You can view the contents of a zip archive by using
$ zip -sf 'foobar.zip' Archive contains: home/amnesia/foobar/ home/amnesia/foobar/foo_3.txt home/amnesia/foobar/foo_2.txt home/amnesia/foobar/foo_1.txt home/amnesia/foobar/foobar_2/ home/amnesia/foobar/foobar_2/foo_3.txt home/amnesia/foobar/foobar_2/foo_2.txt home/amnesia/foobar/foobar_2/foo_1.txt home/amnesia/foobar/foobar_2/foo_5.txt home/amnesia/foobar/foobar_2/foo_4.txt home/amnesia/foobar/foo_5.txt home/amnesia/foobar/foo_4.txt Total 12 entries (0 bytes)
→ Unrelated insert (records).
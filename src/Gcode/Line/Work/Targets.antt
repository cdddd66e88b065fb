-- ===== src/Gcode/Line/Work/Targets.antt =====
-- The targets of G0 and G1 in grbl/gcode.c.
use tele_handwriter.Base.{
  ℕ, ◌^◌, ◌<◌, ◌≡◌, ◌≢◌, ◌⊎◌, sym, ◌∙◌, ap, Bool, true, false, ◌==◌, if◌then◌else◌, arith,
}
use tele_handwriter.Base.Bits.{bit_istrue, bit_isfalse}
use tele_handwriter.Gcode.State.{at, axes, xyz, Arithmetic, Parser, Coords, Checked, pass}
use tele_handwriter.Gcode.Offsets.{
  inches, target_on, set_target, check_target, check_non_modal, tool_length_offset_axis,
}
use tele_handwriter.Gcode.Check.Stages.{check_block-Stages}
use tele_handwriter.Gcode.Check.{
  gc_parser_jog_motion, is_jog, check_motion, check_feed_motion, check_unused, check_block,
}
use tele_handwriter.Gcode.Events.{Surroundings, Run}
use tele_handwriter.Gcode.Execute.{
  first_run, execute_block, run_non_modal, run_motion, move, run_program_flow,
}
use tele_handwriter.Gcode.Line.Work.{at-axes}
use tele_handwriter.Gcode.Line.Work.{IsExact, less_offset, work_position, work_position_of}
use tele_handwriter.Gcode.Line.Work.Convert.{located-IsConverted}
use tele_handwriter.Gcode.Line.Work.Frame.{located_run, located_run-IsLocated, execute_block-runs}
use tele_handwriter.Base.Bits.Laws.{zero-bit_and}
use tele_handwriter.Gcode.Offsets.{target_on}

some_word : (n words : ℕ) → bit_istrue words n ≡ true → words ≢ 0
some_word n words given =
    let nothing = zero-bit_and n in λ absent. ground (arith, nothing, given, absent)

module _ {ℓ} {W : Type ℓ} (arithmetic : Arithmetic W) (exact : IsExact arithmetic) where
  -- A position that is the value and the offsets has the value as its work position.
  target_position :
      (has_tool : Bool) (value system offset tool : W)
      → let absolute = arithmetic.plus value (arithmetic.plus system offset) in
        less_offset arithmetic has_tool
          (if has_tool then arithmetic.plus absolute tool else absolute)
          system
          offset
          tool
        ≡ value
  target_position true value system offset tool =
      let sum = arithmetic.plus system offset in
      ap (λ z. arithmetic.minus z (arithmetic.plus sum tool)) (exact.plus_assoc value sum tool)
      ∙ exact.minus-plus value (arithmetic.plus sum tool)
  target_position false value system offset tool =
      exact.minus-plus value (arithmetic.plus system offset)

  absolute_target :
      (gc : Parser W) (c : Checked W) (idx : ℕ)
      → bit_istrue c.block.axis_words (2 ^ idx) ≡ true
      → c.block.non_modal_command ≡ 0
      → c.block.modal.distance ≡ 0
      → let value = at (xyz c.block.values) idx in
        let absolute =
          arithmetic.plus value
            (arithmetic.plus (at c.block_coord_system idx) (at gc.coord_offset idx)) in
        target_on arithmetic gc c idx ≡ (
          if idx == tool_length_offset_axis
          then arithmetic.plus absolute gc.tool_length_offset
          else absolute)
  unfolding target_on
  absolute_target gc c idx given n distance =
      let sees : bit_isfalse c.block.axis_words (2 ^ idx) ≡ false = ground (arith, given) in
      simp (sees, n, distance)

  -- A parser at that target has the value as its work position.
  target_on-position :
      (gc g : Parser W) (c : Checked W) (idx : ℕ)
      → bit_istrue c.block.axis_words (2 ^ idx) ≡ true
      → c.block.non_modal_command ≡ 0
      → c.block.modal.distance ≡ 0
      → at g.position idx ≡ target_on arithmetic gc c idx
      → g.coord_system ≡ c.block_coord_system
      → g.coord_offset ≡ gc.coord_offset
      → g.tool_length_offset ≡ gc.tool_length_offset
      → work_position arithmetic g idx ≡ at (xyz c.block.values) idx
  target_on-position gc g c idx given n distance position system offset tool =
      work_position_of arithmetic g idx _ (at c.block_coord_system idx) (at gc.coord_offset idx)
        gc.tool_length_offset (position ∙ absolute_target gc c idx given n distance)
        (ap (λ v. at v idx) system) (ap (λ v. at v idx) offset) tool
      ∙ target_position (idx == tool_length_offset_axis) (at (xyz c.block.values) idx)
          (at c.block_coord_system idx) (at gc.coord_offset idx) gc.tool_length_offset

  -- G0 and G1 in step 3.
  set_target-kept :
      (coords : Coords W) (gc : Parser W) (c aimed moving d : Checked W)
      → c.block.non_modal_command ≡ 0
      → c.block.axis_command ≡ 2
      → (c.block.modal.motion ≡ 0) ⊎ (c.block.modal.motion ≡ 1)
      → c.block.axis_words ≢ 0
      → check_non_modal arithmetic coords gc c ≡ pass aimed
      → check_motion arithmetic gc aimed ≡ pass moving
      → check_unused moving ≡ pass d
      → (xyz d.block.values ≡ axes (target_on arithmetic gc c))
        × (d.block_coord_system ≡ c.block_coord_system)
        × (d.block.non_modal_command ≡ 0)
        × (d.block.axis_command ≡ 2)
        × (d.block.modal ≡ c.block.modal)
        × (d.parser_flags ≡ c.parser_flags)
  unfolding check_non_modal check_target set_target check_motion check_feed_motion check_unused
  set_target-kept coords gc c aimed moving d n a m w e f g = ground (arith, n, a, m, w, e, f, g)

  -- G0 and G1 in step 4.
  run_target-kept :
      (s : Surroundings W) (d : Checked W) (run : Run W)
      → d.block.non_modal_command ≡ 0
      → d.block.axis_command ≡ 2
      → (d.block.modal.motion ≡ 0) ⊎ (d.block.modal.motion ≡ 1)
      → d.block.modal.program_flow ≡ 0
      → let g =
          (run_program_flow arithmetic s d
            (run_motion s d (run_non_modal arithmetic d run))).1.gc in
        (g.position ≡ xyz d.block.values)
        × (g.coord_system ≡ run.gc.coord_system)
        × (g.tool_length_offset ≡ run.gc.tool_length_offset)
        × (g.coord_offset ≡ run.gc.coord_offset)
  unfolding run_program_flow run_motion move run_non_modal
  run_target-kept s d run n a m f = ground (arith, n, a, m, f)

  -- Exact arithmetic given: a block with a G0 or G1 word and with no non-modal command, so not with
  -- G53, G28 or G30, which is not a jog, is in the absolute mode, passes the error check, and has no
  -- stop of the program, leaves the parser with the value of each of its axis words, in
  -- millimeters, as the work position of the axis.
  pub target_programmed :
      (s : Surroundings W) (coords : Coords W) (gc : Parser W) (c d : Checked W) (idx : ℕ)
      → c.block.non_modal_command ≡ 0
      → c.block.axis_command ≡ 2
      → (c.block.modal.motion ≡ 0) ⊎ (c.block.modal.motion ≡ 1)
      → c.block.modal.distance ≡ 0
      → is_jog c ≡ false
      → c.block.modal.program_flow ≡ 0
      → bit_istrue c.block.axis_words (2 ^ idx) ≡ true
      → idx < 3
      → check_block arithmetic coords gc c ≡ pass d
      → work_position arithmetic (execute_block arithmetic s coords gc d).1.gc idx
        ≡ inches arithmetic c.block.modal (at (xyz c.block.values) idx)
  target_programmed s coords gc c d idx n a motion distance jog flow given l e =
      let t = check_block-Stages arithmetic coords gc c d e in
      let located = t.located in
      let (same, kept) = located-IsConverted arithmetic coords gc c d t (ground (arith, a)) in
      let modes = same.same_modal in
      let words : located.block.axis_words ≢ 0 =
        some_word (2 ^ idx) located.block.axis_words
          (ap (λ w. bit_istrue w (2 ^ idx)) same.same_words ∙ given) in
      let mode = ap (λ m. m.motion) modes in
      let moves : (located.block.modal.motion ≡ 0) ⊎ (located.block.modal.motion ≡ 1) =
        ground (arith, motion, mode) in
      let (values, system, non_modal, command, modal, flags) =
        set_target-kept coords gc located t.aimed t.moving d (same.same_non_modal ∙ n)
          (same.same_command ∙ a) moves words t.aims t.moves t.ends in
      let run = first_run arithmetic coords gc d in
      let ready = located_run arithmetic s d run in
      let frame =
        located_run-IsLocated arithmetic s d run (ground (arith, command))
          (λ h. system ∙ kept (ap (λ m. m.coord_select) (sym modal) ∙ h)) in
      let last = ap (λ m. m.motion) modal in
      let cuts : (d.block.modal.motion ≡ 0) ⊎ (d.block.modal.motion ≡ 1) =
        ground (arith, moves, last) in
      let (position, in_use, length, offset) =
        run_target-kept s d ready non_modal command cuts
          (ap (λ m. m.program_flow) (modal ∙ modes) ∙ flow) in
      let no_jog : is_jog d ≡ false =
        ap (λ f. bit_istrue f gc_parser_jog_motion) (flags ∙ same.same_flags) ∙ jog in
      let g =
        (run_program_flow arithmetic s d
          (run_motion s d (run_non_modal arithmetic d ready))).1.gc in
      ap (λ (r : ℕ × Run W). work_position arithmetic r.1.gc idx)
        (execute_block-runs arithmetic s coords gc d no_jog)
      ∙ target_on-position gc g located idx
          (ap (λ w. bit_istrue w (2 ^ idx)) same.same_words ∙ given) (same.same_non_modal ∙ n)
          (ap (λ m. m.distance) modes ∙ distance)
          (ap (λ v. at v idx) (position ∙ values) ∙ at-axes (target_on arithmetic gc located) idx l)
          (in_use ∙ frame.system ∙ system) (offset ∙ frame.offset) (length ∙ frame.length)
      ∙ same.converted idx given l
The above example displays the contents of the
foobar.zip archive in the current directory.
$ unzip '/home/amnesia/foobar.zip' Archive: /home/amnesia/foobar.zip creating: foobar/ extracting: foobar/foo_3.txt extracting: foobar/foo_2.txt extracting: foobar/foo_1.txt creating: foobar/foobar_2/ extracting: foobar/foobar_2/foo_3.txt extracting: foobar/foobar_2/foo_2.txt extracting: foobar/foobar_2/foo_1.txt extracting: foobar/foobar_2/foo_5.txt extracting: foobar/foobar_2/foo_4.txt extracting: foobar/foo_5.txt extracting: foobar/foo_4.txt
If the object that you are about to decompress and extract already exists in the current directory,
unzip offers to ignore it in the archive, rename the object from the archive, or overwrite the existing object in the current directory with the archive copy.
If you only want to decompress and extract specific objects in the archive, you can do so by specifying them as arguments on the command line:
$ unzip '/home/amnesia/foobar.zip' 'foobar/foo_3.txt' Archive: /home/amnesia/foobar.zip extracting: foobar/foo_3.txt
If you want to decompress and extract multiple zip archives in the same directory, you can do the following:
$ unzip '*.zip' Archive: foobar.zip extracting: foo_1.txt extracting: foo_2.txt extracting: foo_3.txt extracting: foo_4.txt extracting: foo_5.txt Archive: foobar_2.zip extracting: foo_10.txt extracting: foo_6.txt extracting: foo_7.txt extracting: foo_8.txt extracting: foo_9.txt Archive: foobar_3.zip extracting: foo_11.txt extracting: foo_12.txt extracting: foo_13.txt extracting: foo_14.txt extracting: foo_15.txt 3 archives were successfully processed.
*.zip needs to be surrounded in quotes (
'') because if filename expansion occurs,
zip will interpret one archive as the target to operate on (
foobar.zip), and the other two zip archives (
foobar_3.zip) as entries you would like to decompress/extract from the target.